# The Swallows Nest Live Feed



## willboss (May 26, 2008)

Hi Guys

I hope I am in the correct section posting this.

Where I work in Ireland a Swallow has set up her nest over our power supply box!  I have setup a live feed that may interest you. She has five eggs three of which seemed to have hatched over the weekend.

It can be viewed here
http://www.tippinst.ie/swallowsnest.html


----------



## Emstarz (May 20, 2008)

I have a swallows nest too in my house. It's fantastic right next to patio door you have to duck and run to the car due to dive bombing.
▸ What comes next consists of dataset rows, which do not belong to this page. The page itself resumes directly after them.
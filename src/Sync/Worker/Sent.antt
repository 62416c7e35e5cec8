-- ===== src/Sync/Worker/Sent.antt =====
-- A job that was sent is not a candidate again.
use bisakerja_scraper.Prelude.{
  ℕ, ◌<◌, ◌≡◌, refl, Option, none, some, false, List, [], ◌∷◌, ◌++◌, String, arith, length, inl,
  inr, ◌⊎◌,
}
use bisakerja_scraper.Prelude.Json.{Json, Fields}
use bisakerja_scraper.Models.{NormalizedJob}
use bisakerja_scraper.Sync.Events.{Events, hash_or, backend, record_success}
use bisakerja_scraper.Sync.Events.Unique.{
  IsFirst, prepare_event-IsFirst, prepare_event-keeps_IsFirst,
}
use bisakerja_scraper.Sync.Events.Changes.{
  record_failure-IsFirst, record_success-IsFirst, attach_chunk_metadata-IsFirst, IsSent,
  record_success-IsSent, record_success-keeps_IsSent, find_event_of_first, not_retryable,
}
use bisakerja_scraper.Sync.Worker.{
  Outside, Payload, valid, invalid, Reply, accepted, Prepared, prepare_payload, prepare_jobs,
  settle_reply, for_events, send_prepared, sync_chunk, contract_failure, is_candidate, client_error,
  server_error,
}

-- The reference is in the list.
abbrev Has : ℕ → List ℕ → Type 0
Has i [] = ⊥
Has i (j ∷ refs) = (i ≡ j) ⊎ Has i refs

Has-append : (i : ℕ) (refs more : List ℕ) → Has i refs → Has i (refs ++ more)
Has-append i [] more h = absurd h
Has-append i (j ∷ refs) more (inl e) = inl e
Has-append i (j ∷ refs) more (inr h) = inr (Has-append i refs more h)

Has-last : (i : ℕ) (refs : List ℕ) → Has i (refs ++ i ∷ [])
Has-last i [] = inl refl
Has-last i (j ∷ refs) = inr (Has-last i refs)

module _ (out : Outside) where
  abbrev key_of : NormalizedJob → Json → String
  key_of job payload = hash_or out.stable_payload_hash (some (out.stable_payload_hash payload)) job

  -- The chunk holds the event of a valid job.
  abbrev Covers : NormalizedJob → Json → Prepared → Type 0
  Covers job payload p =
      (i : ℕ) × Has i p.valid_events × IsFirst backend job.id (key_of job payload) i p.events

  prepare_payload-Covers :
      (run_id : Option String) (now : ℕ) (other : NormalizedJob) (built : Payload)
      (job : NormalizedJob) (payload : Json) (p : Prepared)
      → Covers job payload p
      → Covers job payload (prepare_payload out run_id now other built p)
  prepare_payload-Covers run_id now other (invalid message details) job payload p (i, has, first) =
      (
        i,
        has,
        record_failure-IsFirst backend job.id (key_of job payload) i
            (contract_failure message details) 1 now _ _
            (prepare_event-keeps_IsFirst out.stable_payload_hash other run_id backend none now
              p.events backend job.id (key_of job payload) i first),
      )
  prepare_payload-Covers run_id now other (valid built) job payload p (i, has, first) = (
    i,
    Has-append i p.valid_events _ has,
    prepare_event-keeps_IsFirst out.stable_payload_hash other run_id backend
        (some (out.stable_payload_hash built)) now p.events backend job.id (key_of job payload) i
        first,
  )

  prepare_payload-covered :
      (run_id : Option String) (now : ℕ) (job : NormalizedJob) (payload : Json) (p : Prepared)
      → Covers job payload (prepare_payload out run_id now job (valid payload) p)
  prepare_payload-covered run_id now job payload p = (
    _,
    Has-last _ p.valid_events,
    prepare_event-IsFirst out.stable_payload_hash job run_id backend
        (some (out.stable_payload_hash payload)) now p.events,
  )

  prepare_jobs-Covers :
      (run_id : Option String) (now : ℕ) (jobs : List NormalizedJob) (job : NormalizedJob)
      (payload : Json) (p : Prepared)
      → Covers job payload p
      → Covers job payload (prepare_jobs out run_id now jobs p)
  unfolding prepare_jobs
  prepare_jobs-Covers run_id now [] job payload p h = h
  prepare_jobs-Covers run_id now (other ∷ jobs) job payload p h =
      prepare_jobs-Covers run_id now jobs job payload
        (prepare_payload out run_id now other (out.build other) p)
        (prepare_payload-Covers run_id now other (out.build other) job payload p h)

  -- The job is one of the list.
  abbrev pub IsOneOf : NormalizedJob → List NormalizedJob → Type 0
  IsOneOf job [] = ⊥
  IsOneOf job (other ∷ jobs) = (job ≡ other) ⊎ IsOneOf job jobs

  prepare_jobs-covered :
      (run_id : Option String) (now : ℕ) (jobs : List NormalizedJob) (job : NormalizedJob)
      (payload : Json) (p : Prepared)
      → IsOneOf job jobs
      → out.build job ≡ valid payload
      → Covers job payload (prepare_jobs out run_id now jobs p)
  unfolding prepare_jobs
  prepare_jobs-covered run_id now [] job payload p one built = absurd one
  prepare_jobs-covered run_id now (other ∷ jobs) job payload p (inl same) built =
      prepare_jobs-Covers run_id now jobs job payload _
        (rw (← same, built) (prepare_payload-covered run_id now job payload p))
  prepare_jobs-covered run_id now (other ∷ jobs) job payload p (inr later) built =
      prepare_jobs-covered run_id now jobs job payload _ later built

module _ (target job_id hash : String) (i : ℕ) where
  for_events-IsFirst :
      (change : ℕ → Events → Events)
      → ((j : ℕ) (events : Events)
          → IsFirst target job_id hash i events
          → IsFirst target job_id hash i (change j events))
      → (refs : List ℕ) (events : Events) → IsFirst target job_id hash i events
      → IsFirst target job_id hash i (for_events change refs events)
  unfolding for_events
  for_events-IsFirst change step [] events h = h
  for_events-IsFirst change step (j ∷ refs) events h =
      for_events-IsFirst change step refs (change j events) (step j events h)

module _ (summary : Fields) (now i : ℕ) where
  for_events-keeps_IsSent :
      (refs : List ℕ) (events : Events)
      → IsSent i events
      → IsSent i (for_events (record_success summary now) refs events)
  unfolding for_events
  for_events-keeps_IsSent [] events h = h
  for_events-keeps_IsSent (j ∷ refs) events h =
      for_events-keeps_IsSent refs (record_success summary now j events)
        (record_success-keeps_IsSent summary now i j events h)

  for_events-IsSent :
      (refs : List ℕ) (events : Events)
      → Has i refs
      → IsSent i (for_events (record_success summary now) refs events)
  unfolding for_events
  for_events-IsSent [] events h = absurd h
  for_events-IsSent (j ∷ refs) events (inl same) =
      for_events-keeps_IsSent refs _ (rw (← same) (record_success-IsSent summary now i events))
  for_events-IsSent (j ∷ refs) events (inr later) = for_events-IsSent refs _ later

-- The first event of the key is sent.
abbrev Settled : (job_id hash : String) → Events → Type 0
Settled job_id hash events = (i : ℕ) × IsFirst backend job_id hash i events × IsSent i events

settle_reply-Settled :
    (reply : Reply) (max_attempts now : ℕ) (p : Prepared) (job_id hash : String) (i : ℕ)
    → 0 < (settle_reply reply max_attempts now p).0.sent
    → Has i p.valid_events
    → IsFirst backend job_id hash i p.events
    → Settled job_id hash (settle_reply reply max_attempts now p).1
unfolding settle_reply
settle_reply-Settled (accepted status summary) max_attempts now p job_id hash i some_sent has
      first =
    (
      i,
      for_events-IsFirst backend job_id hash i (record_success summary now)
          (record_success-IsFirst backend job_id hash i summary now) p.valid_events p.events first,
      for_events-IsSent summary now i p.valid_events p.events has,
    )
settle_reply-Settled (client_error status message summary) max_attempts now p job_id hash i
      some_sent has first =
    absurd (omega arith)
settle_reply-Settled (server_error status message summary) max_attempts now p job_id hash i
      some_sent has first =
    absurd (omega arith)

send_prepared-Settled :
    (out : Outside) (max_attempts : ℕ) (chunk_id : String) (n : ℕ) (p : Prepared)
    (payloads : List Json) (job_id hash : String) (i : ℕ)
    → 0 < (send_prepared out max_attempts chunk_id n p payloads).0.sent
    → Has i p.valid_events
    → IsFirst backend job_id hash i p.events
    → Settled job_id hash (send_prepared out max_attempts chunk_id n p payloads).1
send_prepared-Settled out max_attempts chunk_id n p [] job_id hash i some_sent has first =
    absurd (omega arith)
send_prepared-Settled out max_attempts chunk_id n p (payload ∷ payloads) job_id hash i some_sent has
      first =
    settle_reply-Settled (out.sync_jobs n (payload ∷ payloads)) max_attempts (out.now n) _ job_id
      hash i some_sent has
      (for_events-IsFirst backend job_id hash i _
        (attach_chunk_metadata-IsFirst backend job_id hash i chunk_id _
          (length (payload ∷ payloads)))
        p.valid_events p.events first)

sync_chunk-Settled :
    (out : Outside) (max_attempts : ℕ) (run_id : Option String) (chunk_id : String) (n : ℕ)
    (jobs : List NormalizedJob) (events : Events) (job : NormalizedJob) (payload : Json)
    → IsOneOf out job jobs
    → out.build job ≡ valid payload
    → 0 < (sync_chunk out max_attempts run_id chunk_id n jobs events).0.sent
    → Settled job.id
        (key_of out job payload)
        (sync_chunk out max_attempts run_id chunk_id n jobs events).1
unfolding sync_chunk
sync_chunk-Settled out max_attempts run_id chunk_id n [] events job payload one built some_sent =
    absurd one
sync_chunk-Settled out max_attempts run_id chunk_id n (first ∷ jobs) events job payload one built
      some_sent =
    let p0 : Prepared = record {
      events = events;
      valid_events = [];
      payload_jobs = [];
      failed = 0;
    } in
    let p = prepare_jobs out run_id (out.now n) (first ∷ jobs) p0 in
    let (i, has, is_first) =
      prepare_jobs-covered out run_id (out.now n) (first ∷ jobs) job payload p0 one built in
    send_prepared-Settled out max_attempts chunk_id n p p.payload_jobs job.id
      (key_of out job payload) i some_sent has is_first

-- Once a chunk is sent, no job of it with a valid payload is a candidate for a later run, whatever
-- the attempt limit is then, as long as the job still builds the same payload.
pub sync_chunk-not_candidate :
    (out : Outside) (max_attempts later_max : ℕ) (run_id : Option String) (chunk_id : String)
    (n : ℕ) (jobs : List NormalizedJob) (events : Events) (job : NormalizedJob) (payload : Json)
    → IsOneOf out job jobs
    → out.build job ≡ valid payload
    → 0 < (sync_chunk out max_attempts run_id chunk_id n jobs events).0.sent
    → is_candidate out later_max job (sync_chunk out max_attempts run_id chunk_id n jobs events).1
      ≡ false
unfolding is_candidate
sync_chunk-not_candidate out max_attempts later_max run_id chunk_id n jobs events job payload one
      built some_sent =
    let (i, first, is_sent) =
      sync_chunk-Settled out max_attempts run_id chunk_id n jobs events job payload one built
        some_sent in
    let (event, found, status) =
      find_event_of_first out.stable_payload_hash job backend
        (some (out.stable_payload_hash payload)) i _ first is_sent in
    rw (built, found) (not_retryable event later_max status)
They even seem to put on a show of aero-something or other when I do my washing up.
They are very lucky and we must be because they have returned to their nest after their winter break to Africa

Emily


----------



## Guest (May 27, 2008)

aaaaaaarrrrrrrrrr bless


----------



## Selk67U2 (May 5, 2008)

*I just got a black screen*


----------



## willboss (May 26, 2008)

Someone pulled the network cable from the PC a few minutes ago but its back up again.


----------



## rottiesloveragdolls (Nov 2, 2007)

ahh bless aint that nice She is a good mummy


----------



## willboss (May 26, 2008)

They have already hatched!  They are very small and hard to see!


----------



## Selk67U2 (May 5, 2008)

*Ok, Thanks will have a look now*


----------